Female ambition is fine, but men also need to be men.

Erica Komisar:

As American wives increasingly outearn their husbands, many couples experience what relationship coach Suzanne Venker calls “role-reversal stress.” This stress can be deleterious for their emotional and sexual lives, three studies published in the American Sociological Review suggest:

• Harvard sociologist Alexandra Killewald found that if a husband is employed full-time, the couple has a 2.5% chance of splitting up in the next year; if he isn’t, the likelihood of divorce rises to 3.3%.

• Christin Munsch of the University of Connecticut found that husbands who are economically dependent on their wives have a greater propensity to be unfaithful.

• Three sociologists from the Juan March Institute and the University of Washington found that the frequency of marital sex is lower for couples in which the husband often does traditionally feminine chores such as cooking, cleaning and taking care of kids, and higher if he does masculine ones like yard work, paying bills and car maintenance. Julie Brines told reporters that she and her co-authors were surprised at “how robust the connection was between a traditional division of housework and sexual frequency.”
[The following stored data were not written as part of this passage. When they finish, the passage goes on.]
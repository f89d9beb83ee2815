-- ===== src/Cursor/Keys.antt =====
-- The keys that a cursor is given and the keys that it returns (cursor.ts).
use lmdb_deno.Prelude.{
  ℕ, ◌≡◌, ◌∙◌, sym, ap, inl, inr, pos, Option, none, some, List, ok, arith, if◌then◌else◌,
}
use lmdb_deno.Bytes.{Bytes}
use lmdb_deno.Encoding.Text.{encode_string, decode_string}
use lmdb_deno.Encoding.Text.RoundTrip.{decode_string-encode_string}
use lmdb_deno.Cursor.Serving.{refused, nothing, entry, navigate-Serves}
use lmdb_deno.Encoding.Values.{
  Number, integer, Key, text, number, bytes, IsKey, key, KeyEncoding, KeyKind, string_kind,
  uint32_kind, buffer_kind,
}
use lmdb_deno.Encoding.Keys.{encode_key, encode_uint32_key, decode_uint32_key}
use lmdb_deno.Encoding.Keys.RoundTrip.{encode_uint32_key_total}
use lmdb_deno.Batch.Prepare.Normalize.{key_kind, infer_key_kind}
use lmdb_deno.Data.{CursorOperation, DataApi}
use lmdb_deno.Data.Keys.{key_kind_from_options, agreed_kind, encode_in}
use lmdb_deno.State.World.{World}
use lmdb_deno.Cursor.{Cursor, format_key, encode_cursor_key, navigate}

-- The kind of the keys of a cursor.
abbrev pub format_kind : KeyEncoding → KeyKind
format_kind format =
    if format.key_is_uint32
    then uint32_kind
    else if format.key_is_buffer
    then buffer_kind
    else string_kind

format_key-kind :
    (format : KeyEncoding) (b : Bytes) (k : Key)
    → format_key format b ≡ ok k
    → key_kind k ≡ format_kind format
unfolding format_key
format_key-kind format b k e = ground arith

encoded-text :
    (s : List ℕ) (o : Option KeyEncoding) (format : KeyEncoding) (b : Bytes)
    → encode_cursor_key (key (text s)) o format ≡ ok b
    → encode_string s ≡ b
unfolding encode_cursor_key agreed_kind encode_in infer_key_kind key_kind_from_options encode_key
encoded-text s o format b e = ground arith

encoded-number :
    (n : Number) (o : Option KeyEncoding) (format : KeyEncoding) (b : Bytes)
    → encode_cursor_key (key (number n)) o format ≡ ok b
    → encode_uint32_key n ≡ ok b
unfolding encode_cursor_key agreed_kind encode_in infer_key_kind key_kind_from_options encode_key
encoded-number n o format b e = ground arith

encoded-bytes :
    (bs : Bytes) (o : Option KeyEncoding) (format : KeyEncoding) (b : Bytes)
    → encode_cursor_key (key (bytes bs)) o format ≡ ok b
    → bs ≡ b
unfolding encode_cursor_key agreed_kind encode_in infer_key_kind key_kind_from_options encode_key
encoded-bytes bs o format b e = ground arith

format_key-text :
    (format : KeyEncoding) (b : Bytes) (s : List ℕ)
    → string_kind ≡ format_kind format
    → decode_string b ≡ ok s
    → format_key format b ≡ ok (text s)
unfolding format_key
format_key-text format b s e h = ground arith

format_key-number :
    (format : KeyEncoding) (b : Bytes) (n : ℕ)
    → uint32_kind ≡ format_kind format
    → decode_uint32_key b ≡ ok n
    → format_key format b ≡ ok (number (integer (pos n)))
unfolding format_key
format_key-number format b n e h = ground arith

format_key-bytes :
    (format : KeyEncoding) (b : Bytes)
    → buffer_kind ≡ format_kind format
    → format_key format b ≡ ok (bytes b)
unfolding format_key
format_key-bytes format b e = ground arith

-- A key of the kind of the cursor's keys that has an encoding is what the cursor formats the encoding
-- to.
pub encode_cursor_key-format_key :
    (k : Key) (o : Option KeyEncoding) (format : KeyEncoding) (b : Bytes)
    → IsKey k
    → key_kind k ≡ format_kind format
    → encode_cursor_key (key k) o format ≡ ok b
    → format_key format b ≡ ok k
encode_cursor_key-format_key (text s) o format b h kind e =
    format_key-text format b s kind
      (ap decode_string (sym (encoded-text s o format b e)) ∙ decode_string-encode_string s h)
encode_cursor_key-format_key (bytes bs) o format b h kind e =
    format_key-bytes format b kind ∙ ap (λ x. ok (bytes x)) (sym (encoded-bytes bs o format b e))
encode_cursor_key-format_key (number n) o format b h kind e =
    let encoded : encode_uint32_key n ≡ ok b = encoded-number n o format b e in
    elim (encode_uint32_key_total n) [
      | inl (m, v, is_m, small, encodes, decodes) ↦
          let same : v ≡ b = ground arith in
          format_key-number format b m kind (ap decode_uint32_key (sym same) ∙ decodes)
          ∙ ap (λ x. ok (number x)) (sym is_m)
      | inr (unfit, throws) ↦ absurd (ground arith)
    ]

-- A key that a navigation returns is a number if the cursor's keys are `uint32`, bytes if they are
-- binary, and otherwise a string.
pub navigate-kind :
    {S : Type 0} (api : DataApi S) (operation : CursorOperation) (k v : Option Bytes)
    (c c' : Cursor) (w w' : World) (s s' : S) (shown : Key)
    → navigate api operation k v c w s ≡ ((ok (some shown), w', s'), c')
    → key_kind shown ≡ format_kind c.key_format
navigate-kind api operation k v c c' w w' s s' shown e =
    elim (navigate-Serves api (λ b. ok b) none operation k v c w s) [
      | refused x h f ↦ absurd (ground arith)
      | nothing cursor y s₁ c₁ handle a n f stays ↦ absurd (n shown (ap (λ x. x.0.0) (sym f ∙ e)))
      | entry cursor found stored q s₁ c₁ handle a formats f stays ↦
          let same : q ≡ shown = ground arith in
          ap key_kind (sym same) ∙ format_key-kind c.key_format found q formats
    ]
It seems younger generations are taking note. A University of Texas survey in 2014 found that younger millennial men, then 18 to 25, were likelier to agree with the statement “it is much better for everyone involved if the man is the achiever outside the home and the woman takes care of the home and family” than Generation X men or older millennials had been at the same age.

These evolving attitudes may reflect differences in the households in which these young people grew up. In 1987 wives outearned men in less than 25% of households. By 2015 that share was 38%.